La Cour européenne des droits de l'homme a estimé que priver une mère de ses droits parentaux en raison de son statut de femme toxicomane était une violation de l'article 8 de la Convention européenne des droits de l'homme parce que les circonstances particulières de son cas n'avaient pas été suffisamment prises en compte et des mesures moins restrictives n'ont pas été envisagées.

Date de la décision: 
25 fév 2020
Forum : 
Cour européenne des droits de l’homme
Type de forum : 
Regional
Résumé : 

Y.I., mère de trois enfants, a été arrêtée le 8 octobre 2013, soupçonnée de trafic de drogue. Elle avait pris des opiacés pendant six ans à partir de 2004, et au moment de son arrestation, elle avait récemment recommencé à se droguer et autorisait d'autres personnes à en consommer chez elle.
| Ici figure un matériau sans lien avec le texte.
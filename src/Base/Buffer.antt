-- ===== src/Base/Buffer.antt =====
-- Byte buffers (`VecByte`, a `std::vector<Byte>`) with the reads and writes that the sources make.
-- A read or write past the end, which C++ leaves undefined, is the outcome `out_of_bounds`.
use socks.Base.{
  ℕ, zero, suc, ◌+◌, ◌*◌, ◌/◌, ◌%◌, ◌<◌, List, [], ◌∷◌, ◌++◌, Option, none, some, leb, length,
  get_elem?, take, drop, if◌then◌else◌, Bool, true, false,
}

-- How a call of the codec ends: with a value (`return true`), with `return false`, with the
-- exception of a `std::get` on another alternative, or with an access out of range.
pub data Outcome {ℓ} (A : Type ℓ) : Type ℓ where
  ok : A → Outcome A
  refused : Outcome A
  bad_variant : Outcome A
  out_of_bounds : Outcome A

infixl 5 ◌>>=◌ ◌>>◌
abbrev pub ◌>>=◌ {ℓ κ} : {A : Type ℓ} {B : Type κ} → Outcome A → (A → Outcome B) → Outcome B
ok a >>= f = f a
refused >>= f = refused
bad_variant >>= f = bad_variant
out_of_bounds >>= f = out_of_bounds

abbrev pub ◌>>◌ {ℓ} : {B : Type ℓ} → Outcome (Unit {0}) → Outcome B → Outcome B
m >> k = m >>= λ _. k

-- `if (!b) return false;`
abbrev pub require : Bool → Outcome (Unit {0})
require true = ok tt
require false = refused

abbrev pub IsByte : ℕ → Type 0
IsByte b = b < 256

abbrev or_out {ℓ} : {A : Type ℓ} → Option A → Outcome A
or_out none = out_of_bounds
or_out (some a) = ok a

-- `buf[i]` as a value
abbrev pub load : List ℕ → ℕ → Outcome ℕ
load buf i = or_out (get_elem? buf i)

-- the bytes `[buf.data() + i, buf.data() + i + n)`
unfoldable pub load_range : List ℕ → ℕ → ℕ → Outcome (List ℕ)
load_range buf i n = if leb (i + n) (length buf) then ok (take n (drop i buf)) else out_of_bounds

-- `memcpy(buf.data() + i, src, n)` and, for one byte, `buf[i] = b`
unfoldable pub store_range : ℕ → List ℕ → List ℕ → Outcome (List ℕ)
store_range i src buf =
    if leb (i + length src) (length buf)
    then ok (take i buf ++ (src ++ drop (i + length src) buf))
    else out_of_bounds

abbrev pub store : ℕ → ℕ → List ℕ → Outcome (List ℕ)
store i b = store_range i (b ∷ [])

-- `buf.resize(n)`: cut off, or filled up with zeros
unfoldable pub resize : ℕ → List ℕ → List ℕ
resize zero buf = []
resize (suc n) [] = 0 ∷ resize n []
resize (suc n) (b ∷ buf) = b ∷ resize n buf

-- `memcpy` between two bytes and a `uint16_t` of a little-endian host
abbrev pub u16_of_bytes : ℕ → ℕ → ℕ
u16_of_bytes a b = a + 256 * b

abbrev pub bytes_of_u16 : ℕ → List ℕ
bytes_of_u16 n = n % 256 ∷ n / 256 % 256 ∷ []

abbrev pub load_u16 : List ℕ → ℕ → Outcome ℕ
load_u16 buf i = do a ← load buf i; b ← load buf (i + 1); ok (u16_of_bytes a b)
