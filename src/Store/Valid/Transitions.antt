-- ===== src/Store/Valid/Transitions.antt =====
-- `transition_job`, `cancel` and `confirm_cancelled` keep the schema.
use remy_cc.Prelude.{ℕ, true, false, ◌≡◌, refl, Option, none, some, Memᴰ, arith, update_if}
use remy_cc.Host.{Host, Reading}
use remy_cc.Job.{
  JobStatus, pending, running, cancel_requested, cancelled, superseded, status_eq, status_eq→eq,
  JobRow,
}
use remy_cc.Store.Monad.{Store, programs}
use remy_cc.Store.Transition.{
  at_status, set_running, set_requeued, set_cancel_requested, set_cancelled, set_superseded,
  apply_transition, transition_job, cancel_from, cancel, confirm_from, confirm_cancelled,
}
use remy_cc.Store.Valid.{checks, SameKey, IsPending, IsExecuting, Valid}
use remy_cc.Store.Valid.Update.{KeepsKeys, Alone-one, update-Valid}
use remy_cc.Store.Valid.Rules.{
  Leaves, bind-keeps, transaction-keeps, lift-keeps, load-keeps, only_load-keeps, return-keeps,
}

pub at_status→ :
    (job_id : ℕ) (from : JobStatus) (r : JobRow)
    → at_status job_id from r ≡ true
    → (r.id ≡ job_id) × (r.status ≡ from)
at_status→ job_id from r h = ground (arith, status_eq→eq r.status from)

-- What a change of the job `job_id` to the state `to` needs besides the source state.
pub record Admits (s : Store) (job_id : ℕ) (to : JobStatus) (by : Option ℕ) : Type 0 where
  pub queue :
      to ≡ pending
      → (x y : JobRow) → Memᴰ x s.jobs
      → Memᴰ y s.jobs
      → x.id ≡ job_id
      → IsPending y
      → SameKey x y
      → x.id ≡ y.id
  pub run :
      to ≡ running
      → (x y : JobRow) → Memᴰ x s.jobs
      → Memᴰ y s.jobs
      → x.id ≡ job_id
      → IsExecuting y
      → SameKey x y
      → x.id ≡ y.id
  pub supersede :
      to ≡ superseded → (i : ℕ) × (by ≡ some i) × ((t : JobRow) × Memᴰ t s.jobs × (t.id ≡ i))

module _ (s : Store) (v : Valid s) (job_id : ℕ) (from : JobStatus) where
  -- An `UPDATE … WHERE id = job_id AND status = from`, from what it does to one row.
  pub at_status-Valid :
      (f : JobRow → JobRow)
      → KeepsKeys f
      → ((r : JobRow) → r.status ≡ from → checks r ≡ true → checks (f r) ≡ true)
      → ((x y : JobRow)
          → Memᴰ x s.jobs
          → Memᴰ y s.jobs
          → x.id ≡ job_id
          → x.status ≡ from
          → IsPending (f x)
          → IsPending y
          → SameKey x y
          → x.id ≡ y.id)
      → ((x y : JobRow)
          → Memᴰ x s.jobs
          → Memᴰ y s.jobs
          → x.id ≡ job_id
          → x.status ≡ from
          → IsExecuting (f x)
          → IsExecuting y
          → SameKey x y
          → x.id ≡ y.id)
      → ((r : JobRow) (i : ℕ)
          → Memᴰ r s.jobs
          → (f r).superseded_by_job_id ≡ some i
          → (t : JobRow) × Memᴰ t s.jobs × (t.id ≡ i))
      → Valid (record s { jobs = update_if (at_status job_id from) f s.jobs })
  at_status-Valid f keeps chk pend exec succ =
      let one =
        λ (r : JobRow) (h : at_status job_id from r ≡ true). (at_status→ job_id from r h).0 in
      update-Valid s (at_status job_id from) f keeps v (record {
        checked = λ r m h. chk r (at_status→ job_id from r h).1 (v.checked r m);
        one_pending =
            Alone-one IsPending s (at_status job_id from) f job_id one
              (λ x y mx my h. let (e, st) = at_status→ job_id from x h in pend x y mx my e st);
        one_executing =
            Alone-one IsExecuting s (at_status job_id from) f job_id one
              (λ x y mx my h. let (e, st) = at_status→ job_id from x h in exec x y mx my e st);
        successor = λ r i m h by. succ r i m by;
      })

module _ (s : Store) (v : Valid s) (job_id now : ℕ) (by : Option ℕ) where
  abbrev Kept : JobStatus → JobStatus → Type 0
  Kept from to = Admits s job_id to by → Valid (apply_transition job_id from to now by s).1

  keys : (r : JobRow) → (r.id ≡ r.id) × SameKey r r
  keys r = (refl, (refl, refl, refl))

  run-Kept : Kept pending running
  unfolding programs apply_transition checks
  run-Kept a =
      at_status-Valid s v job_id pending (set_running now) (record { keeps = keys })
        (λ r e h. ground arith) (λ x y mx my e st p q k. cc)
        (λ x y mx my e st p q k. a.run refl x y mx my e q k) (λ r i m e. v.successor r i m e)

  requeue-Kept : Kept running pending
  unfolding programs apply_transition checks
  requeue-Kept a =
      at_status-Valid s v job_id running set_requeued (record { keeps = keys })
        (λ r e h. ground arith) (λ x y mx my e st p q k. a.queue refl x y mx my e q k)
        (λ x y mx my e st p q k. cc) (λ r i m e. v.successor r i m e)

  -- The job was executing before, so it is alone already.
  request_cancel-Kept : Kept running cancel_requested
  unfolding programs apply_transition checks
  request_cancel-Kept a =
      at_status-Valid s v job_id running set_cancel_requested (record { keeps = keys })
        (λ r e h. ground arith) (λ x y mx my e st p q k. cc)
        (λ x y mx my e st p q k. v.one_executing x y mx my (rw st) q k)
        (λ r i m e. v.successor r i m e)

  -- The changes to a final state.
  cancel-Kept :
      (from : JobStatus)
      → ((r : JobRow) → r.status ≡ from → checks r ≡ true → checks (set_cancelled now r) ≡ true)
      → Valid (record s { jobs = update_if (at_status job_id from) (set_cancelled now) s.jobs })
  cancel-Kept from chk =
      at_status-Valid s v job_id from (set_cancelled now) (record { keeps = keys }) chk
        (λ x y mx my e st p q k. cc) (λ x y mx my e st p q k. cc) (λ r i m e. v.successor r i m e)

  supersede-Kept :
      (from : JobStatus) (i : ℕ)
      → ((r : JobRow)
          → r.status ≡ from
          → checks r ≡ true
          → checks (set_superseded now (some i) r) ≡ true)
      → (t : JobRow) → Memᴰ t s.jobs
      → t.id ≡ i
      → Valid (record s {
        jobs = update_if (at_status job_id from) (set_superseded now (some i)) s.jobs;
      })
  supersede-Kept from i chk t mt et =
      at_status-Valid s v job_id from (set_superseded now (some i)) (record { keeps = keys }) chk
        (λ x y mx my e st p q k. cc) (λ x y mx my e st p q k. cc) (λ r n m e. (t, mt, cc))

-- A transition keeps the schema: one that is not allowed, or that needs a payload, changes nothing.
pub transition_job-Valid :
    (s : Store)
    → Valid s
    → (job_id : ℕ) (from to : JobStatus) (now : ℕ) (by : Option ℕ) → Admits s job_id to by
    → Valid (transition_job job_id from to now by s).1
unfolding programs transition_job checks
transition_job-Valid s v j pending running now by a = run-Kept s v j now by a
transition_job-Valid s v j running pending now by a = requeue-Kept s v j now by a
transition_job-Valid s v j running cancel_requested now by a = request_cancel-Kept s v j now by a
transition_job-Valid s v j pending cancelled now by a =
    cancel-Kept s v j now by pending (λ r e h. ground arith)
transition_job-Valid s v j cancel_requested cancelled now by a =
    cancel-Kept s v j now by cancel_requested (λ r e h. ground arith)
transition_job-Valid s v j pending superseded now by a =
    let (i, e, target) = a.supersede refl in
    let (t, mt, et) = target in
    rw e (supersede-Kept s v j now by pending i (λ r e h. ground arith) t mt et)
transition_job-Valid s v j running superseded now by a =
    let (i, e, target) = a.supersede refl in
    let (t, mt, et) = target in
    rw e (supersede-Kept s v j now by running i (λ r e h. ground arith) t mt et)
transition_job-Valid s v j _ _ now by a = v

-- A change to a state that needs nothing more.
pub Admits-final :
    (s : Store) (job_id : ℕ) (to : JobStatus) (by : Option ℕ)
    → status_eq to pending ≡ false
    → status_eq to running ≡ false
    → status_eq to superseded ≡ false
    → Admits s job_id to by
Admits-final s j to by h0 h1 h2 = record {
  queue = λ e. cc (rw e at h0);
  run = λ e. cc (rw e at h1);
  supersede = λ e. cc (rw e at h2);
}

cancel_from-Valid :
    (s : Store)
    → Valid s
    → (job_id now : ℕ) (st : JobStatus) → Valid (cancel_from job_id now st s).1
unfolding programs cancel_from
cancel_from-Valid s v j now pending =
    transition_job-Valid s v j pending cancelled now none
      (Admits-final s j cancelled none refl refl refl)
cancel_from-Valid s v j now running =
    transition_job-Valid s v j running cancel_requested now none
      (Admits-final s j cancel_requested none refl refl refl)
cancel_from-Valid s v j now _ = v

confirm_from-Valid :
    (host : Host) (s : Store)
    → Valid s
    → (job_id now : ℕ) (st : JobStatus) → Valid (confirm_from host job_id now st s).1
unfolding programs confirm_from
confirm_from-Valid host s v j now cancel_requested =
    transition_job-Valid s v j cancel_requested cancelled now none
      (Admits-final s j cancelled none refl refl refl)
confirm_from-Valid host s v j now _ = v

module _ (host : Host) (clock : Reading) (job_id : ℕ) (s : Store) (v : Valid s) where
  cancel-Leaves : Leaves Valid (cancel host clock job_id) s
  unfolding cancel
  cancel-Leaves = lift-keeps Valid _ _ s v (λ now _. transaction-keeps Valid _ s v (
      load-keeps Valid host job_id _ s v (λ current r found shows.
        let moved = cancel_from-Valid s v job_id now current.status in
        bind-keeps Valid _ _ s moved (λ changed e.
          load-keeps Valid host job_id _ _ moved
            (λ job r' found' shows'. return-keeps Valid _ _ moved)))))

  -- `cancel` keeps the schema, on every branch.
  pub cancel-Valid : Valid (cancel host clock job_id s).1
  cancel-Valid = cancel-Leaves.left

  confirm_cancelled-Leaves : Leaves Valid (confirm_cancelled host clock job_id) s
  unfolding confirm_cancelled
  confirm_cancelled-Leaves = lift-keeps Valid _ _ s v (λ now _. transaction-keeps Valid _ s v (
      load-keeps Valid host job_id _ s v (λ current r found shows.
        let moved = confirm_from-Valid host s v job_id now current.status in
        bind-keeps Valid _ _ s moved (λ changed e. only_load-keeps Valid host job_id _ moved))))

  -- `confirm_cancelled` keeps the schema, on every branch.
  pub confirm_cancelled-Valid : Valid (confirm_cancelled host clock job_id s).1
  confirm_cancelled-Valid = confirm_cancelled-Leaves.left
Un officier de police chargé des affaires des mineurs a également rédigé plusieurs rapports indiquant que Y.I. avait négligé ses responsabilités parentales. Plus tard le même mois, son enfant aîné a été emmené vivre avec son père biologique et les autres enfants ont été confiés à l’assistance publique. Une inspection de l'appartement de Y.I. en octobre 2013 a révélé qu'elle disposait de meubles et d'appareils électroménagers adéquats, de suffisamment de nourriture et de couchages séparés pour chaque enfant, bien qu'ils aient été étouffants et mal ventilés. Une autre inspection en novembre 2013 a révélé que des réparations avaient été effectuées et que l'espace était correctement ventilé. Y.I. a demandé de l'aide dans une clinique de réadaptation ambulatoire le 29 octobre 2013 et a été admise dans une clinique spécialisée le lendemain. Y.I. a reçu une combinaison de soins hospitaliers et ambulatoires jusqu'en février 2014.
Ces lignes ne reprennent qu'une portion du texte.